[Stored items]
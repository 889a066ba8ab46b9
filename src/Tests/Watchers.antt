-- ===== src/Tests/Watchers.antt =====
-- The theorems on the two threads of `FileWatcher` at concrete states.
use secure_storage.Base.{ℕ, ◌≡◌, ◌≢◌, refl, true, false, none, some, []}
use secure_storage.Os.Memory.{World, memory_os}
use secure_storage.Inotify.Toy.{toy_inotify}
use secure_storage.Watcher.{
  Watcher, watcher, start, start_with, spawn_monitor, set_nonblocking, stop_begin, stop_end,
  signal_stop,
}
use secure_storage.Watcher.Monitor.{
  System, Reach, begun, later, Step, u_start, u_stop_wait, u_joined, m_test, initial, at_test,
  absent, free, joining,
}
use secure_storage.Watcher.Monitor.Frames.{Closed}
use secure_storage.Watcher.Monitor.Safety.{stopped-Closed}
use secure_storage.Base.{◌≤◌, none}
use secure_storage.Watcher.Monitor.{ended, m_poll, failed, again, after_poll}
use secure_storage.Watcher.Monitor.Safety.{start-none}
use secure_storage.Watcher.Monitor.Descriptors.{KeepsOpen, before, monitor-Open}
use secure_storage.Tests.Values.{world_of}

abbrev pub here : World
here = world_of []

abbrev pub started : Watcher
started = record watcher {
  inotify_fd = some 10;
  pipe_read = some 11;
  pipe_write = some 12;
  joinable = true;
  is_running = true;
}

starts : start memory_os toy_inotify watcher here ≡ some (true, started, here)
unfolding start start_with spawn_monitor set_nonblocking
starts = refl

abbrev running : System memory_os toy_inotify
running = record (initial memory_os toy_inotify here) { fw = started; monitor = at_test }

runs : Reach memory_os toy_inotify here running
runs = later begun (u_start here true started here refl starts)

-- The descriptors that the kernel has given out.
abbrev IsOpen : World → ℕ → Type 0
IsOpen w fd = fd ≤ 12

keeps_open : KeepsOpen memory_os toy_inotify IsOpen
keeps_open = record {
  signal_keeps = λ w fd q o. o;
  add_keeps = λ w fd path mask q o. o;
  rm_keeps = λ w fd wd q o. o;
}

monitor-Open_example :
    (started.inotify_fd ≢ none)
    × (started.pipe_read ≢ none)
    × (started.pipe_write ≢ none)
    × ((t : System memory_os toy_inotify) (st : Step memory_os toy_inotify running t) (q : ℕ)
        → IsOpen (before memory_os toy_inotify st) q
        → IsOpen t.world q)
monitor-Open_example = monitor-Open memory_os toy_inotify IsOpen keeps_open runs refl

begins :
    stop_begin memory_os toy_inotify started here
    ≡ (false, record started { is_running = false }, here)
unfolding stop_begin signal_stop
begins = refl

abbrev waiting : System memory_os toy_inotify
waiting = record running {
  fw = (stop_begin memory_os toy_inotify started here).1;
  world = (stop_begin memory_os toy_inotify started here).2;
  user = joining;
}

waits : Reach memory_os toy_inotify here waiting
unfolding stop_begin
waits = later runs (u_stop_wait here refl refl refl)

abbrev last : System memory_os toy_inotify
last = record waiting {
  fw = (stop_end memory_os toy_inotify waiting.fw here).0;
  world = (stop_end memory_os toy_inotify waiting.fw here).1;
  monitor = absent;
  user = free;
}

stopped : Reach memory_os toy_inotify here last
unfolding stop_begin
stopped = later (later waits (m_test refl)) (u_joined here refl refl)

stopped_by_user : last.fw.stopped_by_user ≡ true
unfolding stop_end stop_begin
stopped_by_user = refl

stopped-Closed_example :
    Closed last.fw
    × (last.monitor ≡ absent)
    × ((t : System memory_os toy_inotify) → Step memory_os toy_inotify last t → t.reports ≡ [])
stopped-Closed_example = stopped-Closed memory_os toy_inotify stopped stopped_by_user

-- The thread has ended on an error of `poll`.
abbrev broken_off : System memory_os toy_inotify
broken_off = record running { fw = record started { is_running = false }; monitor = ended }

breaks_off : Reach memory_os toy_inotify here broken_off
unfolding after_poll
breaks_off = later (later runs (m_test refl)) (m_poll failed again refl)

no_second_start : start memory_os toy_inotify broken_off.fw here ≡ none
unfolding start start_with spawn_monitor set_nonblocking
no_second_start = refl

start-none_example : broken_off.monitor ≡ ended
start-none_example = start-none memory_os toy_inotify breaks_off here refl no_second_start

### Task prompt
Count up every line above that has the word "waiting" in it; answer with the number alone.

### Expected answer
6